=== Begin Enclosure ===

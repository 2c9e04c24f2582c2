-- ===== src/Tests/Drivers.antt =====
-- The theorems on the scan of a whole file, the search path, and the text and the invalidation of
-- cached headers.
use buildpal.Prelude.{
  ℕ, zero, suc, ◌+◌, ◌≡◌, refl, Bool, true, false, none, some, List, [], ◌∷◌, ◌++◌, length, take,
  arith, units, ◌==◌, ℕ_discrete, text_discrete, foldl,
}
use buildpal.Prelude.Assoc.{lookup}
use buildpal.HeaderScanner.Macros.{Macros, undefined_macro_value}
use buildpal.HeaderScanner.CacheTree.{empty_tree, add_at, find}
use buildpal.HeaderScanner.Cache.{key_discrete, Cache, empty_cache, contains, is_some, find_entry}
use buildpal.HeaderScanner.Cache.Invalidate.{invalidate, entry_uses, invalidate-find_entry}
use buildpal.HeaderScanner.Cache.Text.{lines, generate_content}
use buildpal.HeaderScanner.Driver.{
  PathOps, normalize, PreprocessingContext, empty_context, search_path, Clang, Statistics, scanned,
  scan_headers,
}
use buildpal.HeaderScanner.Driver.Search.{present, missing, search_path-dirs}
use buildpal.HeaderScanner.Driver.Scans.{Outcome, naive_run, scan_headers-outcome}
use buildpal.HeaderScanner.Callbacks.{Callback, Scan}
use buildpal.HeaderScanner.Content.{empty_content}
use buildpal.HeaderScanner.Content.Size.{
  IsSized, read, open_file, stat, clear_all, answer, answers-IsSized,
}
use buildpal.HeaderScanner.IncludeFinder.{NaiveCache}
use buildpal.HeaderScanner.Naive.{visited}
use buildpal.HeaderScanner.Naive.Work.{fresh_work}
use buildpal.Tests.Naive.{texts, looks_up, dirs, in_files, cold-IsTrue}
use buildpal.Tests.Headers.{tracker, digit, no_content}

-- one letter is one component, and the letter 0 stands for two dots
abbrev component : ℕ → List ℕ
component zero = units ".."
component (suc c) = suc c ∷ []

abbrev letters : List ℕ → List (List ℕ)
letters [] = []
letters (c ∷ cs) = component c ∷ letters cs

abbrev drop_letter : List ℕ → List ℕ
drop_letter [] = []
drop_letter (c ∷ []) = []
drop_letter (c ∷ d ∷ cs) = c ∷ drop_letter (d ∷ cs)

abbrev letter_ops : PathOps
letter_ops = record {
  components = letters;
  append = λ path c. path ++ c;
  remove_filename = drop_letter;
  native = λ path. path;
}

-- a/.././b
abbrev path : List ℕ
path = b'a' ∷ 0 ∷ b'.' ∷ b'b' ∷ []

normalized : normalize letter_ops path ≡ some (units "b")
unfolding normalize text_discrete
normalized = refl

-- two dots with nothing before them
nothing_before : normalize letter_ops (0 ∷ b'b' ∷ []) ≡ none
unfolding normalize text_discrete
nothing_before = refl

-- one directory of the user is gone
abbrev is_there : List ℕ → Bool
is_there [] = false
is_there (c ∷ cs) = c == b'c'

abbrev hash : ℕ → List ℕ → ℕ
hash id text = id + length text + 1

abbrev ppc : PreprocessingContext
ppc = record empty_context {
  user_search_path = units "d:/u" ∷ units "c:/u" ∷ [];
  system_search_path = units "c:/s" ∷ units "c:/t" ∷ [];
}

search_path-dirs_example :
    (let path = search_path is_there hash ppc in
      let users = present is_there ppc.user_search_path in
      let systems = present is_there ppc.system_search_path in
      (path.dirs ≡ users ++ systems)
      × (take path.system_dir_idx path.dirs
          ≡ users ++ take (missing is_there ppc.user_search_path) systems)
      × (path.search_path_id ≡ 0))
search_path-dirs_example = search_path-dirs is_there hash ppc

counted_as_users : take 2 (search_path is_there hash ppc).dirs ≡ units "c:/u" ∷ units "c:/s" ∷ []
unfolding search_path take
counted_as_users = refl

abbrev clang : Clang
clang = record {
  get_file = λ name. some 1;
  look_up = λ path. looks_up;
  tokens = texts;
  dir_name = dirs;
  enter_main_source_file = λ path lines. ([], false);
  lex = λ path lines. Callback.missing_header (units "b.h") ∷ [];
  ulong = digit;
  raw_tokens = no_content;
}

abbrev first_scan : Scan
first_scan = record { tracker = tracker; headers = []; missing_headers = []; replacements = [] }

abbrev statistics : Statistics
statistics = record { files_preprocessed_regularly = 0; files_preprocessed_naively = 0 }

scan_headers-outcome_example :
    (result : Bool) × (t : Scan) × (c : NaiveCache) × (m : Statistics) × (scan_headers clang
        is_there hash 20 ppc
        (units "a.cpp")
        first_scan
        []
        statistics
      ≡ scanned result t c m)
    × Outcome clang is_there hash ppc first_scan t statistics m result
        (units "b.h")
        (naive_run clang is_there hash 20 ppc (units "a.cpp") 1 [])
scan_headers-outcome_example =
    scan_headers-outcome clang is_there hash (2 ∷ []) 20 ppc (units "a.cpp") first_scan []
      statistics 1 (units "b.h") in_files cold-IsTrue (unfold fresh_work visited in omega arith)
      refl

abbrev state : Macros
state =
    (units "A", units " 1") ∷ (units "F_2", units "(x) x") ∷ (units "B", undefined_macro_value) ∷ []

generated : generate_content state ≡ units "#define A 1\n#define F_2(x) x\n#undef B\n"
unfolding generate_content text_discrete
generated = refl

abbrev warm : Cache
warm = record empty_cache {
  container = (((1, 1), 0), add_at [] 5 empty_tree) ∷ [];
  entries = 5 ∷ [];
  objects =
      (
        5,
        record {
          key = ((1, 1), 0);
          used = [];
          macro_state = [];
          headers = ((units "inc", units "a.h"), (7, false)) ∷ [];
          last_time_hit = 0;
        },
      )
      ∷ [];
  temp_last_time_hit = (5, 3) ∷ [];
}

still_hit :
    (d : ℕ)
    → contains d warm.entries ≡ true
    → entry_uses warm.objects 7 d ≡ true
    → is_some (lookup ℕ_discrete d warm.temp_last_time_hit) ≡ true
unfolding lookup
still_hit d c u = ground arith

stale : (find_entry [] (invalidate [] warm 7) ((1, 1), 0) []).1 ≡ some 5
unfolding find_entry invalidate lookup add_at find key_discrete
stale = refl

invalidate-find_entry_example :
    (find_entry [] (invalidate [] warm 7) ((1, 1), 0) []).1 ≡ (find_entry [] warm ((1, 1), 0) []).1
invalidate-find_entry_example = invalidate-find_entry [] warm 7 ((1, 1), 0) [] still_hit

answers-IsSized_example : IsSized (
    foldl
      (answer (λ path. some 10) (λ e. e.size) (λ path. none))
      empty_content
      (read (units "a.h") ∷ clear_all ∷ stat (units "b.h") ∷ open_file (units "b.h") ∷ []))
answers-IsSized_example =
    answers-IsSized (λ path. some 10) (λ e. e.size) (λ path. none) empty_content
      (read (units "a.h") ∷ clear_all ∷ stat (units "b.h") ∷ open_file (units "b.h") ∷ [])
      (record { counted = refl; bounded = omega arith })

=== End Enclosure ===

#### WHAT YOU NEED TO DO
Precisely the lines between those holding "warm.temp_last_time_hit) ≡ true" and "unfolding find_entry invalidate", inclusive, are to be reproduced from the listing above, with nothing added.

#### SOLUTION TO THIS EXERCISE
    → is_some (lookup ℕ_discrete d warm.temp_last_time_hit) ≡ true
unfolding lookup
still_hit d c u = ground arith

stale : (find_entry [] (invalidate [] warm 7) ((1, 1), 0) []).1 ≡ some 5
unfolding find_entry invalidate lookup add_at find key_discrete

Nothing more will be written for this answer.